Replacing Grant with Reagan would Reward Racism

A conservative push to replace President Ulysses S. Grant's image on the $50 bill with that of President Ronald Reagan would be a step backwards, removing an historic figure that fought racism to recognize one that profited from it. 

Grant arguably did more to end slavery than any politician other than Abraham Lincoln. Reagan, on the other hand, built his presidential campaign on not-so-subtle racism, the keystone to Lee Atwater's "Southern Strategy", which rebuilt the GOP. 

$50 bill with Ulysses S. Grant, replace with Reagan?
For anyone who doesn't remember Reagan's campaign (or for whom reality has been obscured by the GOP's revisionist history) NYT's columnists Bob Hebert and Paul Krugman make it plain

Krugman pointed a finger at Republican deity Reagan.

Thus Ronald Reagan, who began his political career by campaigning against California’s Fair Housing Act, started his 1980 campaign with a speech supporting states’ rights delivered just outside Philadelphia, Miss., where three civil rights workers were murdered.

And later:

Philadelphia story: in December 1979 the Republican national committeeman from Mississippi wrote a letter urging that the party’s nominee speak at the Neshoba Country Fair, just outside the town where three civil rights workers had been murdered in 1964. It would, he wrote, help win over “George Wallace inclined voters.” 

Sure enough, Reagan appeared, and declared his support for states’ rights — which everyone took to be a coded declaration of support for segregationist sentiments. 
Reagan’s defenders protest furiously that he wasn’t personally bigoted. So what? We’re talking about his political strategy.

Then Herbert joined it:

He was tapping out the code. It was understood that when politicians started chirping about “states’ rights” to white people in places like Neshoba County they were saying that when it comes down to you and the blacks, we’re with you.

And Reagan meant it. He was opposed to the landmark Civil Rights Act of 1964, which was the same year that Goodman, Schwerner and Chaney were slaughtered. As president, he actually tried to weaken the Voting Rights Act of 1965. He opposed a national holiday for the Rev. Dr. Martin Luther King Jr. He tried to get rid of the federal ban on tax exemptions for private schools that practiced racial discrimination. And in 1988, he vetoed a bill to expand the reach of federal civil rights legislation.

The contrast between Reagan's legacy and President Grant's accomplishments couldn't be more stark. From an OpEd by Professor Sean Willantz:

Grant "fought hard and successfully for ratification of the 15th Amendment, banning disenfranchisement on account of race, color or previous condition of servitude. When recalcitrant Southern whites fought back under the white hoods and robes of the Ku Klux Klan, murdering and terrorizing blacks and their political supporters, Grant secured legislation that empowered him to unleash federal force. By 1872, the Klan was effectively dead.
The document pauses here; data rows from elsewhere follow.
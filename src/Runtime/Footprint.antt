-- ===== src/Runtime/Footprint.antt =====
-- The calls that a run may make, however it ends: one rule for each way to build a run.
use tsn.Base.{
  Bool, true, false, List, [], ◌∷◌, ◌++◌, append_assoc, ◌≡◌, refl, sym, ap, ◌∙◌, All, All-append,
}
use tsn.Runtime.Laws.{Returns, Returns-mono}
use tsn.Runtime.Always.{trace_of, IsOrder, Always, always_rules, Returns-Always}
use tsn.Runtime.{
  Trace, Call, M, time, lyd_new_tree, lyd_new_path, sr_acquire_context, sr_release_context,
}

-- From `t` to `u` only calls that `allowed` admits were made.
abbrev pub Grows : (Call → Bool) → Trace → Trace → Type 0
Grows allowed t u = (cs : List Call) × (u ≡ cs ++ t) × All (λ c. allowed c ≡ true) cs

abbrev pub Only : {A : Type 0} → (Call → Bool) → M A → Type 0
Only allowed m = Always (Grows allowed) m

Grows-trans :
    (allowed : Call → Bool) (t u v : Trace)
    → Grows allowed t u
    → Grows allowed u v
    → Grows allowed t v
Grows-trans allowed t u v (cs, e, h) (ds, f, k) = (
  ds ++ cs,
  f ∙ ap (λ l. ds ++ l) e ∙ sym (append_assoc ds cs t),
  All-append (λ c. allowed c ≡ true) ds cs k h,
)

pub Grows-IsOrder : (allowed : Call → Bool) → IsOrder (Grows allowed)
Grows-IsOrder allowed = record { stays = λ t. ([], refl, tt); trans = Grows-trans allowed }

pub Grows-call :
    (allowed : Call → Bool) (c : Call) → allowed c ≡ true → (t : Trace) → Grows allowed t (c ∷ t)
Grows-call allowed c h t = (c ∷ [], refl, (h, tt))

-- What the calls that were made leave as it is.
pub Grows-same :
    {B : Type 0} (of : Trace → B) (allowed : Call → Bool)
    → ((c : Call) (t : Trace) → allowed c ≡ true → of (c ∷ t) ≡ of t)
    → (t u : Trace) → Grows allowed t u
    → of u ≡ of t
Grows-same of allowed keep t u (cs, e, all) = ap of e ∙ go cs all
  where
    go : (cs : List Call) → All (λ c. allowed c ≡ true) cs → of (cs ++ t) ≡ of t
    go [] a = refl
    go (c ∷ cs) (h, a) = keep c (cs ++ t) h ∙ go cs a

-- What a run that returns has achieved, and what it has not touched.
pub Returns-Only :
    {A B : Type 0} (P : A → Trace → Type 0) (of : Trace → B) (allowed : Call → Bool) (m : M A)
    → ((c : Call) (t : Trace) → allowed c ≡ true → of (c ∷ t) ≡ of t)
    → Only allowed m
    → (t : Trace) → Returns P (m t)
    → Returns (λ a u. P a u × (of u ≡ of t)) (m t)
Returns-Only P of allowed m keep only t h =
    Returns-mono (λ a u. P a u × Grows allowed t u) _ (m t)
      (λ a u (p, g). (p, Grows-same of allowed keep t u g)) (Returns-Always P m only t h)

pub ruleset only_rules = (always_rules, Grows-IsOrder, Grows-call)

-- The calls that make nodes of a tree for sysrepo.
abbrev pub makes_nodes : Call → Bool
makes_nodes time = true
makes_nodes (lyd_new_tree path value) = true
makes_nodes (lyd_new_path path value) = true
makes_nodes _ = false

-- The calls that take and release a context of sysrepo.
abbrev pub holds_context : Call → Bool
holds_context sr_acquire_context = true
holds_context sr_release_context = true
holds_context _ = false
For Grant, Reconstruction always remained of paramount importance, and he remained steadfast, even when members of his own party turned their backs on the former slaves. After white supremacists slaughtered blacks and Republicans in Louisiana in 1873 and attempted a coup the following year, Grant took swift and forceful action to restore order and legitimate government. With the political tide running heavily against him, Grant still managed to see through to enactment the Civil Rights Act of 1875, which prohibited discrimination according to race in all public accommodations.

Leave Grant's image where it belongs, on the $50 bill, and Reagan revisionism to the extremists.